Work to complete » Retype the listing that follows, leaving nothing out.

Exercise material »
-- ===== src/ParallelState/Joined.antt =====
-- The group that a rank joins when the groups stripe blocks of consecutive ranks.
use mathlib.Core.Path.{ap₂}
use megatron_lm.Prelude.{
  ◌/◌, ◌%◌, some, ◌==◌, ==→eq, ==→ne, ℕ, zero, suc, ◌+◌, ◌*◌, ◌≤◌, ◌<◌, ◌≡◌, refl, sym, subst, true,
  Option, List, [], ◌∷◌, ◌++◌, map, range_from, All, All-append, ◌⊎◌, inl, inr, Bool-cases, arith,
}
use native.Mathlib.Nat.{mod-lt, div-lt_iff_lt-mul}
use megatron_lm.Bucket.{contains}
use megatron_lm.ParallelState.{range_step, rounds, each, join}
use megatron_lm.ParallelState.Striped.{wide, stripe_of, contains-stripe, stripe_of-contains}

module _ (r : ℕ) where
  -- A group of the rank is the group `g`.
  abbrev IsOnly : List ℕ → List ℕ → Type 0
  IsOnly g h = contains r h ≡ true → h ≡ g

  -- One of the groups has the rank.
  abbrev Holds : List (List ℕ) → Type 0
  Holds [] = ⊥
  Holds (g ∷ gs) = (contains r g ≡ true) ⊎ Holds gs

  join-kept : (g : List ℕ) (gs : List (List ℕ)) → All (IsOnly g) gs → join r gs (some g) ≡ some g
  unfolding join
  join-kept g [] all = refl
  join-kept g (h ∷ gs) all = elim (Bool-cases (contains r h)) [
    | inl member ↦ rw (member, all.0 member) (join-kept g gs all.1)
    | inr other ↦ rw other (join-kept g gs all.1)
  ]

  join-found :
      (g : List ℕ) (gs : List (List ℕ)) (o : Option (List ℕ))
      → All (IsOnly g) gs
      → Holds gs
      → join r gs o ≡ some g
  unfolding join
  join-found g [] o all h = absurd h
  join-found g (h ∷ gs) o all (inl member) = rw (member, all.0 member) (join-kept g gs all.1)
  join-found g (h ∷ gs) o all (inr later) = join-found g gs _ all.1 later

  Holds-left : (gs hs : List (List ℕ)) → Holds gs → Holds (gs ++ hs)
  Holds-left [] hs h = absurd h
  Holds-left (g ∷ gs) hs (inl h) = inl h
  Holds-left (g ∷ gs) hs (inr h) = inr (Holds-left gs hs h)

  Holds-right : (gs hs : List (List ℕ)) → Holds hs → Holds (gs ++ hs)
  Holds-right [] hs h = h
  Holds-right (g ∷ gs) hs h = inr (Holds-right gs hs h)

  Holds-rounds :
      (i n k : ℕ) (f : ℕ → List (List ℕ)) → i ≤ k → k < i + n → Holds (f k) → Holds (rounds i n f)
  Holds-rounds i zero k f low high h = absurd (omega arith)
  Holds-rounds i (suc n) k f low high h = elim (Bool-cases (i == k)) [
    | inl same ↦ Holds-left (f i) _ (subst (λ k. Holds (f k)) (sym (==→eq i k same)) h)
    | inr other ↦
        let differ = ==→ne i k other in
        Holds-right (f i) _ (Holds-rounds (i + 1) n k f (omega arith) (omega arith) h)
  ]

  Holds-map :
      (i n k : ℕ) (f : ℕ → List ℕ)
      → i ≤ k
      → k < i + n
      → contains r (f k) ≡ true
      → Holds (map f (range_from i n))
  Holds-map i zero k f low high h = absurd (omega arith)
  Holds-map i (suc n) k f low high h = elim (Bool-cases (i == k)) [
    | inl same ↦ inl (subst (λ k. contains r (f k) ≡ true) (sym (==→eq i k same)) h)
    | inr other ↦
        let differ = ==→ne i k other in inr (Holds-map (i + 1) n k f (omega arith) (omega arith) h)
  ]

All-rounds :
    (P : List ℕ → Type 0) (i n : ℕ) (f : ℕ → List (List ℕ))
    → ((k : ℕ) → All P (f k))
    → All P (rounds i n f)
All-rounds P i zero f h = tt
All-rounds P i (suc n) f h = All-append P (f i) _ (h i) (All-rounds P (i + 1) n f h)

All-map-range :
    (P : List ℕ → Type 0) (i n b : ℕ) (f : ℕ → List ℕ)
    → i + n ≤ b
    → ((k : ℕ) → k < b → P (f k))
    → All P (map f (range_from i n))
All-map-range P i zero b f low h = tt
All-map-range P i (suc n) b f low h =
    (h i (omega arith), All-map-range P (i + 1) n b f (omega arith) h)

-- `p` blocks of `q * step` ranks, each in `step` stripes.
abbrev pub striped : ℕ → ℕ → ℕ → List (List ℕ)
striped p block step =
    each p λ i. map (λ j. range_step (i * block + j) ((i + 1) * block) step) (range_from 0 step)

pub join-striped :
    (p q step r : ℕ) (o : Option (List ℕ))
    → 0 < q
    → 0 < step
    → r < p * (q * step)
    → join r (striped p (q * step) step) o ≡ some (stripe_of (q * step) step r)
join-striped p q step r o pos_q pos low =
    let block = q * step in
    let big : 0 < block = omega (arith, wide q step pos_q) in
    join-found r (stripe_of block step r) (striped p block step) o
      (All-rounds _ 0 p _ (λ i. All-map-range _ 0 step step _ (omega arith) (λ j j_low member.
        let (same_i, same_j) = contains-stripe i j q step r pos_q j_low member in
        ap₂ (λ i j. range_step (i * block + j) ((i + 1) * block) step) same_i same_j)))
      (Holds-rounds r 0 p (r / block) _ (omega arith)
        (omega (arith, (div-lt_iff_lt-mul {k = q * step} {x = r} {y = p} big).1 low))
        (Holds-map r 0 step (r % block % step) _ (omega arith)
          (omega (arith, mod-lt (r % block) pos)) (stripe_of-contains q step r pos_q pos)))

Answer to this problem »
-- ===== src/ParallelState/Joined.antt =====
-- The group that a rank joins when the groups stripe blocks of consecutive ranks.
use mathlib.Core.Path.{ap₂}
use megatron_lm.Prelude.{
  ◌/◌, ◌%◌, some, ◌==◌, ==→eq, ==→ne, ℕ, zero, suc, ◌+◌, ◌*◌, ◌≤◌, ◌<◌, ◌≡◌, refl, sym, subst, true,
  Option, List, [], ◌∷◌, ◌++◌, map, range_from, All, All-append, ◌⊎◌, inl, inr, Bool-cases, arith,
}
use native.Mathlib.Nat.{mod-lt, div-lt_iff_lt-mul}
use megatron_lm.Bucket.{contains}
use megatron_lm.ParallelState.{range_step, rounds, each, join}
use megatron_lm.ParallelState.Striped.{wide, stripe_of, contains-stripe, stripe_of-contains}

module _ (r : ℕ) where
  -- A group of the rank is the group `g`.
  abbrev IsOnly : List ℕ → List ℕ → Type 0
  IsOnly g h = contains r h ≡ true → h ≡ g

  -- One of the groups has the rank.
  abbrev Holds : List (List ℕ) → Type 0
  Holds [] = ⊥
  Holds (g ∷ gs) = (contains r g ≡ true) ⊎ Holds gs

  join-kept : (g : List ℕ) (gs : List (List ℕ)) → All (IsOnly g) gs → join r gs (some g) ≡ some g
  unfolding join
  join-kept g [] all = refl
  join-kept g (h ∷ gs) all = elim (Bool-cases (contains r h)) [
    | inl member ↦ rw (member, all.0 member) (join-kept g gs all.1)
    | inr other ↦ rw other (join-kept g gs all.1)
  ]

  join-found :
      (g : List ℕ) (gs : List (List ℕ)) (o : Option (List ℕ))
      → All (IsOnly g) gs
      → Holds gs
      → join r gs o ≡ some g
  unfolding join
  join-found g [] o all h = absurd h
  join-found g (h ∷ gs) o all (inl member) = rw (member, all.0 member) (join-kept g gs all.1)
  join-found g (h ∷ gs) o all (inr later) = join-found g gs _ all.1 later

  Holds-left : (gs hs : List (List ℕ)) → Holds gs → Holds (gs ++ hs)
  Holds-left [] hs h = absurd h
  Holds-left (g ∷ gs) hs (inl h) = inl h
  Holds-left (g ∷ gs) hs (inr h) = inr (Holds-left gs hs h)

  Holds-right : (gs hs : List (List ℕ)) → Holds hs → Holds (gs ++ hs)
  Holds-right [] hs h = h
  Holds-right (g ∷ gs) hs h = inr (Holds-right gs hs h)

  Holds-rounds :
      (i n k : ℕ) (f : ℕ → List (List ℕ)) → i ≤ k → k < i + n → Holds (f k) → Holds (rounds i n f)
  Holds-rounds i zero k f low high h = absurd (omega arith)
  Holds-rounds i (suc n) k f low high h = elim (Bool-cases (i == k)) [
    | inl same ↦ Holds-left (f i) _ (subst (λ k. Holds (f k)) (sym (==→eq i k same)) h)
    | inr other ↦
        let differ = ==→ne i k other in
        Holds-right (f i) _ (Holds-rounds (i + 1) n k f (omega arith) (omega arith) h)
  ]

  Holds-map :
      (i n k : ℕ) (f : ℕ → List ℕ)
      → i ≤ k
      → k < i + n
      → contains r (f k) ≡ true
      → Holds (map f (range_from i n))
  Holds-map i zero k f low high h = absurd (omega arith)
  Holds-map i (suc n) k f low high h = elim (Bool-cases (i == k)) [
    | inl same ↦ inl (subst (λ k. contains r (f k) ≡ true) (sym (==→eq i k same)) h)
    | inr other ↦
        let differ = ==→ne i k other in inr (Holds-map (i + 1) n k f (omega arith) (omega arith) h)
  ]

All-rounds :
    (P : List ℕ → Type 0) (i n : ℕ) (f : ℕ → List (List ℕ))
    → ((k : ℕ) → All P (f k))
    → All P (rounds i n f)
All-rounds P i zero f h = tt
All-rounds P i (suc n) f h = All-append P (f i) _ (h i) (All-rounds P (i + 1) n f h)

All-map-range :
    (P : List ℕ → Type 0) (i n b : ℕ) (f : ℕ → List ℕ)
    → i + n ≤ b
    → ((k : ℕ) → k < b → P (f k))
    → All P (map f (range_from i n))
All-map-range P i zero b f low h = tt
All-map-range P i (suc n) b f low h =
    (h i (omega arith), All-map-range P (i + 1) n b f (omega arith) h)

-- `p` blocks of `q * step` ranks, each in `step` stripes.
abbrev pub striped : ℕ → ℕ → ℕ → List (List ℕ)
striped p block step =
    each p λ i. map (λ j. range_step (i * block + j) ((i + 1) * block) step) (range_from 0 step)

pub join-striped :
    (p q step r : ℕ) (o : Option (List ℕ))
    → 0 < q
    → 0 < step
    → r < p * (q * step)
    → join r (striped p (q * step) step) o ≡ some (stripe_of (q * step) step r)
join-striped p q step r o pos_q pos low =
    let block = q * step in
    let big : 0 < block = omega (arith, wide q step pos_q) in
    join-found r (stripe_of block step r) (striped p block step) o
      (All-rounds _ 0 p _ (λ i. All-map-range _ 0 step step _ (omega arith) (λ j j_low member.
        let (same_i, same_j) = contains-stripe i j q step r pos_q j_low member in
        ap₂ (λ i j. range_step (i * block + j) ((i + 1) * block) step) same_i same_j)))
      (Holds-rounds r 0 p (r / block) _ (omega arith)
        (omega (arith, (div-lt_iff_lt-mul {k = q * step} {x = r} {y = p} big).1 low))
        (Holds-map r 0 step (r % block % step) _ (omega arith)
          (omega (arith, mod-lt (r % block) pos)) (stripe_of-contains q step r pos_q pos)))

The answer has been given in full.